The action server (5) included in the inventive system (1) is configured to receive the classification data, the time-series data and the optimization methods and parameters of each class calculated, from the database (2). The action server (5) is configured to apply the optimum methods and parameters determined with respect to a class, to all time-series included in there related class. The action server (5) is configured to transmit the results of the optimization applied to the time-series, to the database (2).
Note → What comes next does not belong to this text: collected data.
-- ===== src/Platform/Taking.antt =====
-- What `attach` promises: the attachment is the platform's, of a device that was not there before.
use canokey_usbip.Prelude.{
  ◌≡◌, refl, sym, ap, ◌∙◌, ◌*◌, ℕ, String, true, false, Option, none, some, List, [], ◌∷◌, contains,
  difference, inl, inr, arith, Bool-cases, eq_iff,
}
use canokey_usbip.Host.{
  FilePath, History, Env, Exec, Result, ok, gets, modify, pure, raise, continue, ◌>>=◌, ◌>>◌,
}
use canokey_usbip.Host.Within.{Within, Within-modify}
use canokey_usbip.Host.Plain.{free, IsPlain, IsHarmless, plain_rules}
use canokey_usbip.Host.Inversion.{bind-ok}
use canokey_usbip.Host.Polling.{Probe, stop, Waited, found, expired, poll_for}
use canokey_usbip.Host.Polling.Found.{poll_for-found}
use canokey_usbip.Text.Match.{path_lt}
use canokey_usbip.Platform.State.{Platform}
use canokey_usbip.Platform.Usb.{matching_usb_devices}
use canokey_usbip.Platform.Ports.{find_usbip_port}
use canokey_usbip.Platform.Attachment.{
  least, find_port_again, take_device, look_for_device, attached, await_device, attach,
}
use canokey_usbip.Platform.Reading.{matching_usb_devices-Gentle, find_usbip_port-Gentle}
use canokey_usbip.Host.Reaches.{Ends, Reaches, Reaches-then, Reaches-bind, Ends-ok}

-- The least path is one of them.
least_cases : (x : String) (ys : List String) → contains (x ∷ ys) (least x ys) ≡ true
unfolding least
least_cases x [] = ground (arith, eq_iff x x)
least_cases x (y ∷ ys) = elim (Bool-cases (path_lt y x)) [
  | inl below ↦ rw below (ground (arith, least_cases y ys))
  | inr above ↦ rw above (ground (arith, least_cases x ys))
]

difference-new :
    (xs before : List String) (d : String)
    → contains (difference xs before) d ≡ true
    → contains before d ≡ false
difference-new [] before d h = absurd (cc)
difference-new (x ∷ xs) before d h = elim (Bool-cases (contains before x)) [
  | inl old ↦ difference-new xs before d (rw old at h)
  | inr new ↦ ground (arith, difference-new xs before d, eq_iff x d)
]

-- The attachment is owned, and its device is none of those before.
abbrev pub Holds : List FilePath → Platform → Type 0
Holds before p =
    (p.owns_attachment ≡ true)
    × (d : FilePath) × (p.device_path ≡ some d)
    × (contains before d ≡ false)

abbrev Owns : Platform → Type 0
Owns p = p.owns_attachment ≡ true

Holds-same : (before : List FilePath) (p q : Platform) → p ≡ q → Holds before p → Holds before q
Holds-same before p q e (owned, d, here, new) = (
  sym (ap (λ (r : Platform). r.owns_attachment) e) ∙ owned,
  d,
  sym (ap (λ (r : Platform). r.device_path) e) ∙ here,
  new,
)

-- The device that `take_device` takes is the one that the platform has, and the attachment stays owned.
abbrev Takes : FilePath → Platform → Type 0
Takes d p = (p.owns_attachment ≡ true) × (p.device_path ≡ some d)

abbrev Triple : Type 0 → Type 0
Triple A = Result A × Platform × History

Ends-of_ok :
    (Q : Platform → Type 0) (x : Triple (Unit {0}))
    → (x.0 ≡ ok tt → Q x.1)
    → Ends Q (λ s. Unit {0}) x
Ends-of_ok Q (ok tt, p, t) k = k refl
Ends-of_ok Q (Result.raised e, p, t) k = tt
Ends-of_ok Q (Result.diverged, p, t) k = tt

module _ ⦃host : Env⦄ where
  find_port_again-Within :
      (I : Platform → Type 0)
      → ((q : Platform) (port : Option String) → I q → I (record q { usb_port = port }))
      → (port : Option String) → Within (Unit {0}) I IsHarmless IsPlain (find_port_again port)
  unfolding find_port_again
  find_port_again-Within I k none = search (plain_rules, find_usbip_port-Gentle free, k) depth 10
  find_port_again-Within I k (some port) = search plain_rules

  abbrev take_rest : Exec Platform (Probe (Unit {0}) (Unit {0}))
  take_rest = do port ← gets (λ (p : Platform). p.usb_port); find_port_again port; pure (stop tt)

  take_rest-Within : (d : FilePath) → Within (Unit {0}) (Takes d) IsHarmless IsPlain take_rest
  take_rest-Within d =
      search (plain_rules, find_port_again-Within (Takes d) (λ q port h. h)) depth 10

  take_device-Holds :
      (ds devices before : List FilePath) (p p' : Platform) (t t' : History)
      → ds ≡ difference devices before
      → Owns p
      → take_device ds p t ≡ (ok (stop tt), p', t')
      → Holds before p'
  unfolding take_device ◌>>=◌ modify continue pure
  take_device-Holds [] devices before p p' t t' e i ran = absurd (cc)
  take_device-Holds (d ∷ ds) devices before p p' t t' e i ran =
      let q : Platform = record p { device_path = some (least d ds) } in
      let (owned, here) = (take_rest-Within (least d ds)).state q t (i, refl) in
      let is = ap (λ (x : Triple (Probe (Unit {0}) (Unit {0}))). x.1) ran in
      let new = sym (ap (λ (l : List String). contains l (least d ds)) e) ∙ least_cases d ds in
      (
        sym (ap (λ (r : Platform). r.owns_attachment) is) ∙ owned,
        least d ds,
        sym (ap (λ (r : Platform). r.device_path) is) ∙ here,
        difference-new devices before (least d ds) new,
      )

  take_device-Owns :
      (ds : List FilePath) → Within (Unit {0}) Owns IsHarmless IsPlain (take_device ds)
  unfolding take_device
  take_device-Owns [] = search plain_rules
  take_device-Owns (d ∷ ds) =
      search (plain_rules, find_port_again-Within Owns (λ q port h. h)) depth 20

  look_for_device-Owns :
      (before : List FilePath) (u : Unit {0})
      → Within (Unit {0}) Owns IsHarmless IsPlain (look_for_device before u)
  unfolding look_for_device
  look_for_device-Owns before u =
      search (plain_rules, matching_usb_devices-Gentle free, take_device-Owns) depth 10

  look_for_device-Holds :
      (before : List FilePath) (u : Unit {0}) (p p' : Platform) (t t' : History)
      → Owns p
      → look_for_device before u p t ≡ (ok (stop tt), p', t')
      → Holds before p'
  unfolding look_for_device
  look_for_device-Holds before u p p' t t' i e =
      let (devices, q, t₁, ran, same) =
        bind-ok matching_usb_devices (λ devices. take_device (difference devices before)) p t
          (stop tt) (ap (λ (x : Triple (Probe (Unit {0}) (Unit {0}))). x.0) e) in
      let kept = (matching_usb_devices-Gentle {D = Unit {0}} free {I = Owns}).state p t i in
      take_device-Holds (difference devices before) devices before q p' t₁ t' refl
        (sym (ap (λ (x : Triple (List FilePath)). x.1.owns_attachment) ran) ∙ kept) (sym same ∙ e)

  waited-found :
      (timeout : ℕ) (w : Waited (Unit {0}) (Unit {0})) (p : Platform) (t : History)
      → (attached timeout w p t).0 ≡ ok tt
      → (w ≡ found tt) × ((attached timeout w p t).1 ≡ p)
  unfolding attached pure raise
  waited-found timeout (found tt) p t e = (refl, refl)
  waited-found timeout (expired _) p t e = absurd (cc)

  await_device-Holds :
      (before : List FilePath) (p : Platform) (t : History)
      → Owns p
      → (await_device before p t).0 ≡ ok tt
      → Holds before (await_device before p t).1
  unfolding await_device gets ◌>>=◌ continue
  await_device-Holds before p t i e =
      let loop = poll_for (p.timeout * 1000) 250 tt (look_for_device before) in
      let (w, q, u, ran, same) = bind-ok loop (attached p.timeout) p t tt e in
      let (which, stays) =
        waited-found p.timeout w q u (sym (ap (λ (x : Triple (Unit {0})). x.0) same) ∙ e) in
      let probes =
        poll_for-found (look_for_device before) 250 (look_for_device-Owns before) tt
          (p.timeout * 1000) tt p t i
          (ap (λ (x : Triple (Waited (Unit {0}) (Unit {0}))). x.0) ran ∙ ap ok which) in
      let held =
        look_for_device-Holds before probes.left probes.state _ probes.history _ probes.inside
          probes.stopped in
      let last =
        ap (λ (x : Triple (Waited (Unit {0}) (Unit {0}))). x.1) ran
        ∙ sym stays
        ∙ sym (ap (λ (x : Triple (Unit {0})). x.1) same) in
      Holds-same before _ _ last held

  await_device-Reaches :
      (before : List FilePath) → Reaches Owns (Holds before) (λ p. Unit {0}) (await_device before)
  await_device-Reaches before = record {
    at = λ p t i. Ends-of_ok (Holds before) _ (await_device-Holds before p t i);
  }

  with_port :
      (before : List FilePath) (port : Option String)
      → Reaches {A = Unit {0}} Owns
          (Holds before)
          (λ p. Unit {0})
          (modify (λ (p : Platform). record p { usb_port = port }) >>= λ _. await_device before)
  with_port before port =
      Reaches-bind _ _
        (Within-modify {D = Unit {0}} {P = IsHarmless} {E = IsPlain}
          (λ (p : Platform). record p { usb_port = port }) (λ p h. h))
        (λ p h. tt) (λ _. await_device-Reaches before)

  found_port :
      (before : List FilePath)
      → Reaches {A = Unit {0}} Owns
          (Holds before)
          (λ p. Unit {0})
          (find_usbip_port >>= λ port.
            modify (λ (p : Platform). record p { usb_port = port }) >>= λ _. await_device before)
  found_port before =
      Reaches-bind find_usbip_port _ (find_usbip_port-Gentle {D = Unit {0}} free {I = Owns})
        (λ p h. tt) (with_port before)

  -- What follows the attach command.
  owned_from_here :
      (before : List FilePath)
      → Reaches {A = Unit {0}}
          (λ p. Unit {0})
          (Holds before)
          (λ p. Unit {0})
          (modify (λ (p : Platform). record p { owns_attachment = true }) >>= λ _.
            find_usbip_port >>= λ port.
            modify (λ (p : Platform). record p { usb_port = port }) >>= λ _. await_device before)
  unfolding ◌>>=◌ modify continue
  owned_from_here before = record {
    at = λ p t h. (found_port before).at (record p { owns_attachment = true }) t refl;
  }

  -- If `attach` returns, the platform owns the attachment, and has the path of a device that was not
  -- there before.
  pub attach-Holds :
      (before : List FilePath) (p : Platform) (t : History)
      → (attach before p t).0 ≡ ok tt
      → Holds before (attach before p t).1
  unfolding attach
  attach-Holds before p t e =
      let reaches : Reaches (λ p. Unit {0}) (Holds before) (λ p. Unit {0}) (attach before) =
        Reaches-then _ _ (λ s. tt)
          λ _.
            Reaches-then _ _ (λ s. tt)
              λ _. Reaches-then _ _ (λ s. tt) λ _. owned_from_here before in
      Ends-ok (Holds before) (attach before p t) tt e (reaches.at p t tt)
In the inventive system (1), the database (2) stores the data about the time-series on it at first. The classification server (3) carries out a classification transaction by accessing these data and records these data in the database (2). The optimization server (4) receives the information about the related time-series by selecting at least one time-series from each class. It determines the methods and parameters related to the optimization with the received information. The action server (5) applies the optimum methods and parameters, that are determined to belong to a class, to all time-series in the related class and transmits them to the database (2). In different embodiments of the invention, each server (3, 4, 5) can store its outputs in different databases (2).

With the present invention, classification of artificial intelligence algorithms of time-series patterns (unsupervised learning) and optimization transactions can be carried out by selecting one time-series from each class.

Within these basic concepts; it is possible to develop various embodiments of the inventive system (1); the invention cannot be limited to examples disclosed herein and it is essentially according to claims.